The presence of Granger causality between stock returns and CDS spreads changes is also analyzed. CDS spreads do not Granger cause stock index returns in Finland and France. Granger causality is also very weak for Austria and The Netherlands. Contrary to what was expected, Granger causality tests reveal that the magnitude of the effects of the stock market on the CDS market declined with downgrades (and credit quality deterioration) in Portugal, Italy, France, Germany, Finland, Belgium, Austria, and The Netherlands. On the other hand, no Granger causality is found for Ireland, regardless of the bucket considered.

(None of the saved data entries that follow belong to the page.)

-- ===== src/Http/Parse.antt =====
-- The parsing half of webserver/src/http_conn.cpp: `Parse_Line`, `Parse_Request_Line`,
-- `Parse_Head`, `Parese_Content` and the state machine `Process_Read`.
use my_tcp_cs.Base.{
  ℕ, zero, suc, ◌+◌, ◌-◌, ◌%◌, ◌^◌, true, ◌&&◌, Option, none, some, List, [], ◌∷◌, Outcome, done,
  undefined, ◌>>=◌, ltb, leb, ◌==◌, if◌then◌else◌, get_or, codes, cr,
}
use my_tcp_cs.Http.CStrings.{
  c_string, poke, search_crlf, search_cr, search_lf, find_space, find_byte, span_space, eq_no_case,
  starts_no_case, contains, search_header, HeaderName, leading_digits, stoi,
}
use my_tcp_cs.Http.Types.{
  HttpConn, LineStatus, line_ok, line_bad, line_open, HttpCode, no_request, get_request,
  bad_request, CheckState, request_line, header, content, get,
}

-- `size_t len = m_read_idx_ - m_checked_idx_`, which wraps.
unfoldable pub unparsed : HttpConn → ℕ
unparsed c = (c.read_idx + 2 ^ 64 - c.checked_idx) % 2 ^ 64

-- What `Parse_Line` does where a lone '\n' comes first.
unfoldable pub lone_lf : HttpConn → Outcome (HttpConn × LineStatus)
lone_lf c =
    if ltb 1 c.checked_idx && (get_or c.read_buf (c.checked_idx - 1) 0 == cr)
    then (do
      buf ← poke c.read_buf (c.checked_idx - 1) 0
      buf' ← poke buf c.checked_idx 0
      done (record c { read_buf = buf'; checked_idx = c.checked_idx + 1 }, line_ok))
    else done (c, line_bad)

-- `Parse_Line()`
unfoldable pub parse_line : HttpConn → Outcome (HttpConn × LineStatus)
unfolding lone_lf unparsed
parse_line c = do
  text ← c_string c.read_buf c.checked_idx
  elim (search_crlf text) [
    | some slen ↦ (do
      buf ← poke c.read_buf (c.checked_idx + slen - 2) 0
      buf' ← poke buf (c.checked_idx + slen - 1) 0
      done (record c { read_buf = buf'; checked_idx = c.checked_idx + slen }, line_ok))
    | none ↦ elim (search_cr text) [
      | some n ↦ done (c, if n == unparsed c then line_open else line_bad)
      | none ↦ elim (search_lf text) [ some n ↦ lone_lf c | none ↦ done (c, line_open) ]
    ]
  ]

-- The last part of `Parse_Request_Line`: the form of the target at `url`. A good line ends without
-- a `return`, so that `stray`, whatever stands in the return register, is its result.
unfoldable pub parse_target :
    (stray : HttpCode) → HttpConn → (url : Option ℕ) → Outcome (HttpConn × HttpCode)
parse_target stray c none = done (record c { url = none }, bad_request)
parse_target stray c (some u) =
    let c' = record c { url = some u } in
    if get_or c.read_buf u 0 == b'/'
    then done (record c' { check_status = header }, stray)
    else done (c', bad_request)

-- `if (strncasecmp(m_url_, "http://", 7) == 0) { m_url_ += 7; m_url_ = strchr(m_url_, '/'); }`
unfoldable pub strip_scheme : List ℕ → (url : ℕ) → Outcome (Option ℕ)
strip_scheme buf u = do
  target ← c_string buf u
  if starts_no_case target (codes "http://")
      then (do
        rest ← c_string buf (u + 7)
        done (elim (find_byte b'/' rest) [ none ↦ none | some n ↦ some (u + 7 + n) ]))
      else done (some u)

-- The part of `Parse_Request_Line` behind the method, `url` being the offset behind it.
unfoldable pub parse_version :
    (stray : HttpCode) → HttpConn → (url : ℕ) → Outcome (HttpConn × HttpCode)
unfolding parse_target strip_scheme
parse_version stray c u = do
  rest ← c_string c.read_buf u
  elim (find_space rest) [
    | none ↦ done (record c { url = some u; version = none }, bad_request)
    | some n ↦ (do
      buf ← poke c.read_buf (u + n) 0
      version ← c_string buf (u + n + 1)
      let c' = record c { read_buf = buf; url = some u; version = some (u + n + 1) }
      if eq_no_case version (codes "HTTP/1.1")
          then (do target ← strip_scheme buf u; parse_target stray c' target)
          else done (c', bad_request))
  ]

-- `Parse_Request_Line(text)`, `text` an offset.
unfoldable pub parse_request_line :
    (stray : HttpCode) → HttpConn → (text : ℕ) → Outcome (HttpConn × HttpCode)
unfolding parse_version
parse_request_line stray c text = do
  line ← c_string c.read_buf text
  elim (find_space line) [
    | none ↦ done (record c { url = none }, bad_request)
    | some n ↦ (do
      buf ← poke c.read_buf (text + n) 0
      method ← c_string buf text
      let c' = record c { read_buf = buf; url = some (text + n + 1) }
      if eq_no_case method (codes "GET")
          then parse_version stray (record c' { method = get }) (text + n + 1)
          else done (c', bad_request))
  ]

-- The cases of `Parse_Head` by the header name found.
unfoldable pub parse_field : HttpConn → (text : ℕ) → (line : List ℕ) → HeaderName → Outcome HttpConn
parse_field c text line HeaderName.connection =
    done (if contains line (codes "keep-alive") then record c { linger = true } else c)
parse_field c text line HeaderName.content_length = do
  n ← stoi (leading_digits line)
  done (record c { content_length = n })
parse_field c text line HeaderName.host = do
  rest ← c_string c.read_buf (text + 5)
  done (record c { host = some (text + 5 + span_space rest) })

-- `Parse_Head(text)`
unfoldable pub parse_head : HttpConn → (text : ℕ) → Outcome (HttpConn × HttpCode)
unfolding parse_field
parse_head c text = do
  line ← c_string c.read_buf text
  elim line [
    | [] ↦ done (
        if c.content_length == 0
        then (c, get_request)
        else (record c { check_status = content }, no_request))
    | b ∷ bs ↦ elim (search_header (b ∷ bs)) [
      | none ↦ done (c, no_request)
      | some h ↦ (parse_field c text (b ∷ bs) h >>= λ c'. done (c', no_request))
    ]
  ]

-- `Parese_Content(text)`. The sum is of `int`s, which must not overflow.
unfoldable pub parse_content : HttpConn → (text : ℕ) → Outcome (HttpConn × HttpCode)
parse_content c text =
    if leb (2 ^ 31) (c.content_length + c.checked_idx)
    then undefined
    else if leb (c.content_length + c.checked_idx) c.read_idx
    then (do
      buf ← poke c.read_buf (text + c.content_length) 0
      done (record c { read_buf = buf }, get_request))
    else done (c, no_request)

-- How `Process_Read` goes on after a line.
pub data Next : Type 0 where
  again : LineStatus → Next
  answer : HttpCode → Next
  respond : Next

-- The body of the `switch` in `Process_Read`; `respond` stands for `return Do_Response()`.
unfoldable pub process_line :
    (stray : HttpCode) → HttpConn → (text : ℕ) → CheckState → Outcome (HttpConn × Next)
unfolding parse_request_line parse_head parse_content
process_line stray c text request_line = do
  (c', ret) ← parse_request_line stray c text
  done (elim ret [ bad_request ↦ (c', answer bad_request) | _ ↦ (c', again line_ok) ])
process_line stray c text header = do
  (c', ret) ← parse_head c text
  done (elim ret [
    | bad_request ↦ (c', answer bad_request)
    | get_request ↦ (c', respond)
    | _ ↦ (c', again line_ok)
  ])
process_line stray c text content = do
  (c', ret) ← parse_content c text
  done (elim ret [ get_request ↦ (c', respond) | _ ↦ (c', again line_open) ])

-- The condition of the `while` in `Process_Read`, with the line status it leaves.
unfoldable pub next_line : HttpConn → LineStatus → CheckState → Outcome (HttpConn × LineStatus)
unfolding parse_line
next_line c line_ok content = done (c, line_ok)
next_line c _ _ = parse_line c

-- `Process_Read()` up to its `Do_Response`, with fuel; `none` means that the fuel ran out.
unfoldable pub process_read :
    (stray : HttpCode) → ℕ → HttpConn → LineStatus → Outcome (Option (HttpConn × Next))
unfolding next_line process_line
process_read stray zero c status = done none
process_read stray (suc fuel) c status = do
  (c₁, status₁) ← next_line c status c.check_status
  elim status₁ [
    | line_ok ↦ (do
      let text = c₁.start_of_line
      (c₂, next) ←
          process_line stray (record c₁ { start_of_line = c₁.checked_idx }) text c₁.check_status
      elim next [
        | again status₂ ↦ process_read stray fuel c₂ status₂
        | other ↦ done (some (c₂, other))
      ])
    | _ ↦ done (some (c₁, answer no_request))
  ]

The empirical evidence also points towards the rejection of a cointegration relationship in Italy, France, Finland, and The Netherlands, regardless of the level of sovereign credit risk displayed by the country. Austria presents a cointegration relationship between the markets in all of the buckets, but Spain, Belgium, Portugal, and Ireland exhibit a cointegration relation only at the extreme states. In the latter countries, the long-term relationship seems to be stronger in the best and worst conjunctures and weaker in intermediate conjunctures. In Germany, it seems that the long-term relation between the variables became stronger after a bucket downgrade. Thus, one may conclude for the rejection of the hypothesis that the dependency between the stock markets and the sovereign CDS markets surges on financial distress periods. A recursive estimation of the speed adjustment coefficients towards equilibrium is also performed. Only Portugal and Germany present an increase of the speed adjustment parameters consistent with [
1], where the values of the factor loadings increase with financial distress. In some of the countries, the opposite occurs, and the speed adjustment parameters decline with credit quality deterioration.
Finally, I analyze the interaction of stock market volatility and CDS market volatility. The results do not support the hypothesis that volatility propagation increases during financial distress periods. On the contrary, for some cases, the data suggests that the lead-lag relationships between the two markets volatility are stronger during stable periods.